Target Raised Wages, Then Slashed Workers’ Hours & Doubled Their Workload

By Michael Sainato
The Guardian (2/27/20)

Adam Ryan, 31, has worked at Target in Christiansburg, Virginia, for three years. He works additional jobs whenever he’s able to, but is regularly scheduled only 20 hours per week at Target, despite having open availability.

“I have to live with my family because I can’t afford rent on my own. I don’t have health insurance. I’ve had a rotting tooth in my mouth for years that I haven’t been able to receive treatment. I’ve applied for Medicaid in Virginia and every time I’m told I make too much money, and Target has told me I don’t qualify for their benefits because I don’t get enough hours,” said Ryan, who is also an organizer with Target Workers Unite, an independent initiative of Target workers.

He makes $13 an hour, the hourly minimum wage at Target since June 2019, which is scheduled to increase to $15 an hour by the end of 2020.

But Ryan and several other Target workers have noted a drastic reduction in scheduled hours and significant increases in workloads as Target has increased their minimum wage and rolled out a “modernization plan” in 2019 to increase efficiency. They think that broader influences in the retail sector are responsible for their plight – notably, the actions of their hard-charging rival Amazon.

“My biweekly paycheck doesn’t even pay rent. Co-workers of mine are losing health insurance and other benefits. My higher-ups still expect us to get the same amount of work done in a fraction of the time.”

“They’re responding to what Amazon is doing,” Ryan added. “They are trying to turn these stores into their own distribution centers, using brick-and-mortar stores.
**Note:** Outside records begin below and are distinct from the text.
-- ===== src/Vault/Ingest.antt =====
-- services/vault-api/handler/ingest.go: Ingest, GetAudit, GetEvidence and GetProof.
use Prim.Native.String.{len}
use mathlib.Core.Option
use text.Mathlib.Text.{get?}
use merkle_evidence_vault.Prelude.{
  List, Option, Result, String, [], err, if◌then◌else◌, ltb, none, ok, some, ℕ, ◌++◌, ◌∷◌,
  string_key,
}
use merkle_evidence_vault.Prelude.Int.{add64, pos, ℤ, int_key}
use merkle_evidence_vault.Prelude.Dict.{insert, lookup}
use merkle_evidence_vault.Text.{cut_suffix, trim_suffix}
use merkle_evidence_vault.Http.{
  Context, IngestRequest, Items, Json, Request, Response, arr, cons, encode, int, nil, null, object,
  set_header, str, write_header,
}
use merkle_evidence_vault.Store.{Evidence, StoreApi}
use merkle_evidence_vault.Vault.{
  AuditRecord, VaultState, has_role, roles_from_context, subject_from_context, zero_root,
}

abbrev json_header : Response → Response
json_header w = set_header "Content-Type" "application/json" w

-- `r.URL.Path[len("/api/v1/evidence/"):]`, in bytes; none where Go panics, or where the cut would
-- fall inside a character.
unfoldable pub evidence_id : String → Option String
evidence_id path = get? path 17 (len path)

module _ (api : StoreApi) where
  open api use {State, save_evidence, save_audit, get_evidence as store_get_evidence}

  -- `_ = s.SaveEvidence(…)`, `_ = s.SaveAudit(…)`: the errors are dropped.
  save_to_store : String → String → ℕ → Option State → Option State
  save_to_store id actor now none = none
  save_to_store id actor now (some s) =
      let s' = (save_evidence id s).0 in
      some (save_audit (record { id = ""; resource_id = id; actor = actor; timestamp = now }) s').0

  -- The handler behind its two guards. `now` and `now'` are the two readings of the clock.
  accept : String → ℕ → ℕ → Context → Response → VaultState State → VaultState State × Response
  unfolding save_to_store
  accept id now now' ctx w st =
      let actor = subject_from_context ctx in
      (
        record st {
          store_map = insert id (record { id = id; leaf_index = none }) st.store_map;
          audits = st.audits ++ record { id = id; actor = actor; timestamp = now } ∷ [];
          store = save_to_store id actor now' st.store;
        },
        encode (object (("id", str id) ∷ ("content_hash", str "") ∷ ("status", str "pending") ∷ []))
            (write_header 202 (json_header w)),
      )

  unfoldable pub ingest_payload :
      String → ℕ → ℕ → Context → List ℕ → Response → VaultState State → VaultState State × Response
  unfolding accept
  ingest_payload id now now' ctx [] w st = (st, write_header 400 w)
  ingest_payload id now now' ctx (_ ∷ _) w st = accept id now now' ctx w st

  unfoldable pub ingest_decoded :
      String
      → ℕ
      → ℕ
      → Context
      → Option IngestRequest
      → Response
      → VaultState State
      → VaultState State × Response
  unfolding ingest_payload
  ingest_decoded id now now' ctx none w st = (st, write_header 400 w)
  ingest_decoded id now now' ctx (some body) w st = ingest_payload id now now' ctx body.payload w st

  -- `id` is the UUID that the handler draws.
  unfoldable pub ingest :
      String → ℕ → ℕ → Request → Response → VaultState State → VaultState State × Response
  unfolding ingest_decoded set_header write_header encode
  ingest id now now' req w st = ingest_decoded id now now' req.context req.body w st

  abbrev leaf_json : Option ℤ → Json
  leaf_json none = null
  leaf_json (some i) = int i

  evidence_answer : Option (Option ℤ) → Response → Response
  evidence_answer none w = write_header 404 w
  evidence_answer (some leaf) w =
      encode (object (("leaf_index", leaf_json leaf) ∷ [])) (json_header w)

  abbrev result_leaf : Result Evidence → Option (Option ℤ)
  result_leaf (ok e) = some e.leaf_index
  result_leaf (err m) = none

  abbrev record_leaf : Option Evidence → Option (Option ℤ)
  record_leaf none = none
  record_leaf (some e) = some e.leaf_index

  -- The store answers if there is one, and the map of the process otherwise.
  evidence_of : String → Option State → Response → VaultState State → VaultState State × Response
  unfolding evidence_answer
  evidence_of id none w st = (st, evidence_answer (record_leaf (lookup id st.store_map)) w)
  evidence_of id (some s) w st =
      let (s', r) = store_get_evidence id s in
      (record st { store = some s' }, evidence_answer (result_leaf r) w)

  unfoldable pub get_evidence :
      Request → Response → VaultState State → Option (VaultState State × Response)
  unfolding evidence_of evidence_id set_header write_header encode
  get_evidence req w st = Option.map (λ id. evidence_of id st.store w st) (evidence_id req.path)

-- `if len(id) > 6 && id[len(id)-6:] == "/proof" { … }`
unfoldable pub proof_id : String → String
unfolding cut_suffix
proof_id id = if ltb 6 (len id) then trim_suffix id "/proof" else id

unfoldable pub proof_answer : Option Evidence → Response → Response
proof_answer none w = write_header 404 w
proof_answer (some e) w = elim e.leaf_index [
  | none ↦ write_header 404 w
  | some i ↦
      encode
        (object (
          ("leaf_index", int i)
          ∷ ("tree_size", int (add64 i (pos 1)))
          ∷ ("root", str zero_root)
          ∷ ("path", arr nil)
          ∷ []))
        (json_header w)
]

unfoldable pub get_proof :
    {S : Type 0} → Request → Response → VaultState S → Option (VaultState S × Response)
unfolding proof_answer proof_id evidence_id zero_root set_header write_header encode
get_proof req w st =
    Option.map (λ id. (st, proof_answer (lookup (proof_id id) st.store_map) w))
      (evidence_id req.path)

audit_items : List AuditRecord → Items
audit_items [] = nil
audit_items (a ∷ audits) =
    cons (object (("action", str "ingest") ∷ ("resource_id", str a.id) ∷ [])) (audit_items audits)

-- `entries` is a nil slice, which encodes as null, until the first entry is appended.
audit_json : List AuditRecord → Json
audit_json [] = null
audit_json (a ∷ audits) = arr (audit_items (a ∷ audits))

unfoldable pub get_audit :
    {S : Type 0} → Request → Response → VaultState S → VaultState S × Response
unfolding audit_json audit_items set_header write_header encode
get_audit req w st =
    if has_role "auditor" (roles_from_context req.context)
    then (st, encode (object (("entries", audit_json st.audits) ∷ [])) (json_header w))
    else (st, write_header 403 w)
We have to be warehouse workers and customer service workers.”

Target Workers Unite recently released a survey of more than 500 Target workers around the US, representing 382 different stores in 44 states. Only 12.7% of the workers who responded said they could survive on the wages from Target alone, with 56% of workers citing they have ran out of food while employed at Target, and 12.8% of workers reported experiencing homelessness.

Targeting labor organizers

The survey also provides some insight into Target’s opposition to workers organizing. Some 54% of workers surveyed report management telling them not to discuss wages with other workers and 41.6% of workers report workers have been reprimanded by management for discussing workplace issues in the store or on social media.

As Target workers report struggling to make ends meet while experiencing cuts to their schedules, loss of benefits, and increased workloads, Target reported record share prices at the end of 2019. …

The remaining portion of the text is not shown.